Your goal: In the data, find each line where the word "Unit" appears and list that line.

Stored data entries:
════════════════

-- ===== src/Api/Wire.antt =====
-- What is sent is read back: transactions, headers and blocks on the wire.
pub mod Served
use shifupool.Base.{
  ℕ, zero, suc, ◌+◌, ◌*◌, ◌/◌, ◌%◌, ◌≡◌, ◌≤◌, ◌<◌, refl, sym, ap, ◌∙◌, false, List, [], ◌∷◌, ◌++◌,
  map, Bytes, arith, All, length, append-nil, length-append, drop, length-drop, ltb, ◌==◌,
  if◌then◌else◌, Result, returned, Bool-cases, inl, inr, Bool,
}
use shifupool.Words.{u32_mod}
use shifupool.Crypto.{Primitives}
use shifupool.Transaction.{
  Transaction, TransactionInfo, IsTransactionInfo, of_transaction_info, derived_from,
  transactioninfo_buffer_size, transaction_info_to_buffer, transaction_info_from_buffer,
}
use shifupool.Transaction
use shifupool.Transaction.Codec as TxCodec
use shifupool.Block.{
  Block, BlockHeader, IsBlockHeader, of_block_header, blockheader_buffer_size,
  block_header_to_buffer, block_header_from_buffer,
}
use shifupool.Block
use shifupool.Block.Codec.{of_block_header_lem}
use shifupool.Block.Codec as BlockCodec
use shifupool.Api.{
  transactions_to_buffer, block_to_buffer, read_transactions, parse_raw_transactions, read_headers,
  parse_raw_headers, read_block, read_blocks, parse_raw_blocks,
}

-- A transaction as the receiver has it: the sender is computed from the key.
unfoldable pub received : Primitives → Bytes → Transaction → Transaction
received p stale t =
    let info = Transaction.serialize t in
    of_transaction_info stale
      (record info { from = derived_from p info.signing_key info.is_transaction_fee })

abbrev pub IsSent : Transaction → Type 0
IsSent t = IsTransactionInfo (Transaction.serialize t)

-- A block whose members have the sizes of their C++ types, as they are sent.
pub record IsSentBlock (b : Block) : Type 0 where
  pub header : IsBlockHeader (Block.serialize b)
  pub count : length b.transactions < u32_mod
  pub transactions : All IsSent b.transactions

-- Blocks as a host sends them, one behind the other.
unfoldable pub blocks_to_buffer : List Block → Bytes
blocks_to_buffer [] = []
blocks_to_buffer (b ∷ bs) = block_to_buffer b ++ blocks_to_buffer bs

-- the images of some transactions, before `rest`
images : List Transaction → Bytes → Bytes
images [] rest = rest
images (t ∷ ts) rest = TxCodec.image (Transaction.serialize t) (images ts rest)

transactions_to_buffer-images :
    (ts : List Transaction) (b rest : Bytes)
    → All IsSent ts
    → transactions_to_buffer ts b ++ rest ≡ b ++ images ts rest
unfolding transactions_to_buffer images
transactions_to_buffer-images [] b rest sent = refl
transactions_to_buffer-images (t ∷ ts) b rest sent =
    transactions_to_buffer-images ts (transaction_info_to_buffer (Transaction.serialize t) b) rest
      sent.1
    ∙ TxCodec.to_buffer-image (Transaction.serialize t) b (images ts rest) sent.0

length-images :
    (ts : List Transaction) (rest : Bytes)
    → All IsSent ts
    → length (images ts rest) ≡ transactioninfo_buffer_size * length ts + length rest
unfolding images
length-images [] rest sent = omega arith
length-images (t ∷ ts) rest sent = omega (
  arith,
  TxCodec.length-image (Transaction.serialize t) (images ts rest) sent.0,
  length-images ts rest sent.1,
)

transactions_of :
    (ts : List Transaction) → All IsSent ts → transactions_to_buffer ts [] ≡ images ts []
transactions_of ts sent =
    sym (append-nil (transactions_to_buffer ts [])) ∙ transactions_to_buffer-images ts [] [] sent

not_short : (n m : ℕ) → m ≤ n → ltb n m ≡ false
not_short n m h = ground arith

module _ (p : Primitives) (stale : Bytes) where
  read_transactions-images :
      (ts : List Transaction) (rest : Bytes)
      → All IsSent ts
      → read_transactions p stale (length ts) (images ts rest)
        ≡ returned (map (received p stale) ts, rest)
  unfolding read_transactions images received
  read_transactions-images [] rest sent = refl
  read_transactions-images (t ∷ ts) rest sent =
      let info = Transaction.serialize t in
      let enough =
        not_short (length (TxCodec.image info (images ts rest))) transactioninfo_buffer_size
          (omega (arith, TxCodec.length-image info (images ts rest) sent.0)) in
      rw (enough) (
        rw
          (
            TxCodec.drop-image info (images ts rest) sent.0,
            read_transactions-images ts rest sent.1,
            TxCodec.from_buffer-image p info (images ts rest) sent.0,
          )
          refl)

  pub parse_raw_transactions-to_buffer :
      (ts : List Transaction)
      → All IsSent ts
      → parse_raw_transactions p stale (transactions_to_buffer ts [])
        ≡ returned (map (received p stale) ts)
  unfolding parse_raw_transactions
  parse_raw_transactions-to_buffer ts sent = rw (transactions_of ts sent) (
      rw (count, parse_raw_transactions)
        (rw (read_transactions-images ts [] sent, parse_raw_transactions) refl))
    where
      count : length (images ts []) / transactioninfo_buffer_size ≡ length ts
      count = omega (arith, length-images ts [] sent)

  -- Whatever the answer is, no transaction is read behind its end.
  read_transactions_all :
      (count : ℕ) (curr : Bytes)
      → transactioninfo_buffer_size * count ≤ length curr
      → (ts : List Transaction) × (left : Bytes) × (read_transactions p stale count curr
          ≡ returned (ts, left))
        × (length ts ≡ count)
  unfolding read_transactions
  read_transactions_all zero curr enough = ([], curr, refl, refl)
  read_transactions_all (suc count) curr enough =
      let (ts, left, e, n) =
        read_transactions_all count (drop transactioninfo_buffer_size curr)
          (omega (arith, length-drop transactioninfo_buffer_size curr)) in
      let first = of_transaction_info stale (transaction_info_from_buffer p curr) in
      (
        first ∷ ts,
        left,
        rw (not_short (length curr) transactioninfo_buffer_size (omega arith))
            (rw (e, read_transactions) refl),
        ap suc n,
      )

  -- ReadRawTransactions reads no byte behind the end of any answer, and gives as many
  -- transactions as fit into it.
  pub parse_raw_transactions_total :
      (bytes : Bytes)
      → (ts : List Transaction) × (parse_raw_transactions p stale bytes ≡ returned ts)
        × (length ts ≡ length bytes / transactioninfo_buffer_size)
  unfolding parse_raw_transactions
  parse_raw_transactions_total bytes =
      let (ts, left, e, n) =
        read_transactions_all (length bytes / transactioninfo_buffer_size) bytes (omega arith) in
      (ts, rw (e, parse_raw_transactions) refl, n)

  -- A block as the receiver has it.
  unfoldable pub received_block : Block → Block
  received_block b = record b { transactions = map (received p stale) b.transactions }

  block_to_buffer-image :
      (b : Block) (rest : Bytes)
      → IsSentBlock b
      → block_to_buffer b ++ rest
        ≡ BlockCodec.image (Block.serialize b) (images b.transactions rest)
  unfolding block_to_buffer
  block_to_buffer-image b rest sent =
      transactions_to_buffer-images b.transactions (block_header_to_buffer (Block.serialize b) [])
        rest sent.transactions
      ∙ BlockCodec.to_buffer-image (Block.serialize b) [] (images b.transactions rest)

  read_block-step :
      (curr left : Bytes) (ts : List Transaction)
      → ltb (length curr) blockheader_buffer_size ≡ false
      → read_transactions p stale
          (block_header_from_buffer curr).num_transactions
          (drop blockheader_buffer_size curr)
        ≡ returned (ts, left)
      → read_block p stale curr
        ≡ returned (of_block_header (block_header_from_buffer curr) ts, left)
  unfolding read_block
  read_block-step curr left ts long found = rw (long, read_block) (rw (found, read_block) refl)

  read_block-image :
      (b : Block) (rest : Bytes)
      → IsSentBlock b
      → read_block p stale (block_to_buffer b ++ rest) ≡ returned (received_block b, rest)
  unfolding received_block
  read_block-image b rest sent =
      let header = Block.serialize b in
      let behind = images b.transactions rest in
      let read = BlockCodec.from_buffer-image header behind sent.header in
      rw (block_to_buffer-image b rest sent) (
        read_block-step (BlockCodec.image header behind) rest
          (map (received p stale) b.transactions)
          (not_short _ blockheader_buffer_size
            (omega (arith, BlockCodec.length-image header behind sent.header)))
          (rw (read, BlockCodec.drop-image header behind sent.header, counted b sent.count)
            (read_transactions-images b.transactions rest sent.transactions))
        ∙ ap (λ h. returned (of_block_header h (map (received p stale) b.transactions), rest)) read
        ∙ ap (λ c. returned (c, rest))
            (of_block_header_lem b (map (received p stale) b.transactions)))
    where
      counted :
          (b : Block)
          → length b.transactions < u32_mod
          → (Block.serialize b).num_transactions ≡ length b.transactions
      counted b small = unfold Block.serialize in omega arith

  length-block_to_buffer :
      (b : Block) (rest : Bytes) → IsSentBlock b → 0 < length (block_to_buffer b ++ rest)
  length-block_to_buffer b rest sent = rw (block_to_buffer-image b rest sent) (
      omega (
        arith,
        BlockCodec.length-image (Block.serialize b) (images b.transactions rest) sent.header,
      ))

  read_blocks-to_buffer :
      (fuel : ℕ) (b : Block) (bs : List Block)
      → length bs < fuel
      → IsSentBlock b
      → All IsSentBlock bs
      → read_blocks p stale fuel (blocks_to_buffer (b ∷ bs))
        ≡ returned (map received_block (b ∷ bs))
  unfolding read_blocks blocks_to_buffer
  read_blocks-to_buffer zero b bs enough sent all = absurd (omega arith)
  read_blocks-to_buffer (suc fuel) b [] enough sent all =
      rw (read_block-image b [] sent, read_blocks) refl
  read_blocks-to_buffer (suc fuel) b (c ∷ bs) enough sent all =
      rw (read_block-image b (blocks_to_buffer (c ∷ bs)) sent, read_blocks)
        (rw
          (
            goes_on (length-block_to_buffer c (blocks_to_buffer bs) all.0),
            read_blocks-to_buffer fuel c bs (omega arith) all.0 all.1,
          )
          refl)
    where
      goes_on : {n : ℕ} → 0 < n → (n == 0) ≡ false
      goes_on pos = ground arith

  length-blocks_to_buffer :
      (bs : List Block) → All IsSentBlock bs → length bs ≤ length (blocks_to_buffer bs)
  unfolding blocks_to_buffer
  length-blocks_to_buffer [] all = omega arith
  length-blocks_to_buffer (b ∷ bs) all = omega (
    arith,
    length-append (block_to_buffer b) (blocks_to_buffer bs),
    length-append (block_to_buffer b) [],
    length-block_to_buffer b [] all.0,
    length-blocks_to_buffer bs all.1,
  )

  -- ReadRawBlocks reads one or more blocks, whose members have the sizes of their types and
  -- which were sent one behind the other, as these blocks in order, with the senders computed
  -- from the keys; the rounds that the size of the answer allows are enough.
  pub parse_raw_blocks-blocks_to_buffer :
      (b : Block) (bs : List Block)
      → IsSentBlock b
      → All IsSentBlock bs
      → parse_raw_blocks p stale (blocks_to_buffer (b ∷ bs))
        ≡ returned (map received_block (b ∷ bs))
  unfolding parse_raw_blocks
  parse_raw_blocks-blocks_to_buffer b bs sent all =
      read_blocks-to_buffer _ b bs (omega (arith, length-blocks_to_buffer (b ∷ bs) (sent, all)))
        sent all
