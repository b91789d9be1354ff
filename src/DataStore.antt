-- ===== src/DataStore.antt =====
-- c++/src/server/data_store.cpp and the LevelDB that it opens, which is a parameter: an open database
-- `DB` whose keys are byte strings and whose values are of type `V`. Reading gives `none` where the
-- returned status is not ok; a write or a deletion returns the database and whether its status is ok.
pub mod Table
use shifupool.Base.{
  ℕ, ◌≡◌, Bool, true, Option, none, List, [], ◌∷◌, Bytes, bytes_eq, if◌then◌else◌, Result, returned,
  threw, Exception, Action, ◌>>=◌, ◌>>◌, pure,
}

pub record LevelDb (DB V : Type 0) : Type 0 where
  pub get : DB → Bytes → Option V
  pub put : DB → Bytes → V → DB × Bool
  pub delete : DB → Bytes → DB × Bool
  -- the keys in the order of an iterator
  pub keys : DB → List Bytes

-- LevelDB as documented, while its disk does not fail: writes succeed, and a read sees the last write
-- of its key.
pub record IsReliable {DB V : Type 0} (db : LevelDb DB V) : Type 0 where
  pub put_ok : (d : DB) (k : Bytes) (v : V) → (db.put d k v).1 ≡ true
  pub get_put :
      (d : DB) (k j : Bytes) (v : V)
      → db.get (db.put d k v).0 j ≡ (if bytes_eq k j then Option.some v else db.get d j)
  pub delete_ok : (d : DB) (k : Bytes) → (db.delete d k).1 ≡ true
  pub get_delete :
      (d : DB) (k j : Bytes)
      → db.get (db.delete d k).0 j ≡ (if bytes_eq k j then none else db.get d j)

-- A write whose status is checked.
abbrev pub checked : {DB : Type 0} → DB × Bool → Result (Unit {0}) × DB
checked (d, ok) = (if ok then returned tt else threw Exception.write_failed, d)

module _ {DB V : Type 0} (db : LevelDb DB V) where
  delete_all : List Bytes → Action DB (Unit {0})
  delete_all [] = pure tt
  delete_all (k ∷ ks) = (λ d. checked (db.delete d k)) >> delete_all ks

  -- `DataStore::clear`: the iterator reads a snapshot of the database.
  unfoldable pub clear : Action DB (Unit {0})
  unfolding delete_all
  clear d = delete_all (db.keys d) d
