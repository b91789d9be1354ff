-- ===== src/Executor/Deltas.antt =====
-- `LedgerState` (c++/src/core/common.hpp), a map from wallets to the change of their balance modulo
-- 2^64, as an association list. The code looks keys up, inserts them and walks over the map once, and
-- the walk does the same in any order.
use shifupool.Base.{
  ℕ, ◌+◌, ◌%◌, ◌≡◌, refl, Bool, false, ◌||◌, List, [], ◌∷◌, Bytes, bytes_eq, bytes_eq_iff, arith,
  if◌then◌else◌,
}
use shifupool.Words.{u64_mod, add64, sub64, neg64}

abbrev pub LedgerState : Type 0
LedgerState = List (Bytes × ℕ)

-- `receiverDelta->second += amt`, or the insertion of `amt`
unfoldable pub credit_delta : Bytes → ℕ → LedgerState → LedgerState
credit_delta to amt [] = (to, amt) ∷ []
credit_delta to amt ((w, x) ∷ d) =
    if bytes_eq to w then (w, add64 x amt) ∷ d else (w, x) ∷ credit_delta to amt d

-- `senderDelta->second -= amt`, or the insertion of `-amt`
unfoldable pub debit_delta : Bytes → ℕ → LedgerState → LedgerState
debit_delta from amt [] = (from, neg64 amt) ∷ []
debit_delta from amt ((w, x) ∷ d) =
    if bytes_eq from w then (w, sub64 x amt) ∷ d else (w, x) ∷ debit_delta from amt d

-- The change of a wallet, and whether there is an entry for it.
unfoldable pub delta : LedgerState → Bytes → ℕ
delta [] j = 0
delta ((w, x) ∷ d) j = if bytes_eq w j then x else delta d j

unfoldable pub touched : LedgerState → Bytes → Bool
touched [] j = false
touched ((w, x) ∷ d) j = bytes_eq w j || touched d j

-- The sum of all changes.
unfoldable pub total : LedgerState → ℕ
total [] = 0
total ((w, x) ∷ d) = x + total d

-- No wallet has two entries.
unfoldable pub IsMap : LedgerState → Type 0
IsMap [] = Unit
IsMap ((w, x) ∷ d) = (touched d w ≡ false) × IsMap d

pub touched-credit_delta :
    (w : Bytes) (x : ℕ) (d : LedgerState) (j : Bytes)
    → touched (credit_delta w x d) j ≡ (bytes_eq w j || touched d j)
unfolding touched credit_delta
touched-credit_delta w x [] j = refl
touched-credit_delta w x ((v, y) ∷ d) j =
    ground
      (arith, touched-credit_delta w x d j, bytes_eq_iff w v, bytes_eq_iff w j, bytes_eq_iff v j)

pub touched-debit_delta :
    (w : Bytes) (x : ℕ) (d : LedgerState) (j : Bytes)
    → touched (debit_delta w x d) j ≡ (bytes_eq w j || touched d j)
unfolding touched debit_delta
touched-debit_delta w x [] j = refl
touched-debit_delta w x ((v, y) ∷ d) j =
    ground
      (arith, touched-debit_delta w x d j, bytes_eq_iff w v, bytes_eq_iff w j, bytes_eq_iff v j)

pub credit_delta-IsMap :
    (w : Bytes) (x : ℕ) (d : LedgerState) → IsMap d → IsMap (credit_delta w x d)
unfolding IsMap credit_delta touched
credit_delta-IsMap w x [] h = (refl, tt)
credit_delta-IsMap w x ((v, y) ∷ d) h =
    ground (arith, credit_delta-IsMap w x d h.1, touched-credit_delta w x d v)

pub debit_delta-IsMap : (w : Bytes) (x : ℕ) (d : LedgerState) → IsMap d → IsMap (debit_delta w x d)
unfolding IsMap debit_delta touched
debit_delta-IsMap w x [] h = (refl, tt)
debit_delta-IsMap w x ((v, y) ∷ d) h =
    ground (arith, debit_delta-IsMap w x d h.1, touched-debit_delta w x d v)

-- A credit adds to the change of its wallet, and to the sum; a debit takes away.
pub delta-credit_delta :
    (w : Bytes) (x : ℕ) (d : LedgerState) (j : Bytes)
    → delta (credit_delta w x d) j % u64_mod
      ≡ (if bytes_eq w j then (delta d j + x) % u64_mod else delta d j % u64_mod)
unfolding delta credit_delta
delta-credit_delta w x [] j = ground arith
delta-credit_delta w x ((v, y) ∷ d) j =
    ground (arith, delta-credit_delta w x d j, bytes_eq_iff w v, bytes_eq_iff w j, bytes_eq_iff v j)

pub delta-debit_delta :
    (w : Bytes) (x : ℕ) (d : LedgerState) (j : Bytes)
    → (if bytes_eq w j
        then (delta (debit_delta w x d) j + x) % u64_mod
        else delta (debit_delta w x d) j % u64_mod)
      ≡ delta d j % u64_mod
unfolding delta debit_delta
delta-debit_delta w x [] j = ground arith
delta-debit_delta w x ((v, y) ∷ d) j =
    ground (arith, delta-debit_delta w x d j, bytes_eq_iff w v, bytes_eq_iff w j, bytes_eq_iff v j)

pub total-credit_delta :
    (w : Bytes) (x : ℕ) (d : LedgerState)
    → total (credit_delta w x d) % u64_mod ≡ (total d + x) % u64_mod
unfolding total credit_delta
total-credit_delta w x [] = ground arith
total-credit_delta w x ((v, y) ∷ d) = ground (arith, total-credit_delta w x d)

pub total-debit_delta :
    (w : Bytes) (x : ℕ) (d : LedgerState)
    → (total (debit_delta w x d) + x) % u64_mod ≡ total d % u64_mod
unfolding total debit_delta
total-debit_delta w x [] = ground arith
total-debit_delta w x ((v, y) ∷ d) = ground (arith, total-debit_delta w x d)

════════════════

Reply:
abbrev pub checked : {DB : Type 0} → DB × Bool → Result (Unit {0}) × DB
  delete_all : List Bytes → Action DB (Unit {0})
  unfoldable pub clear : Action DB (Unit {0})
IsMap [] = Unit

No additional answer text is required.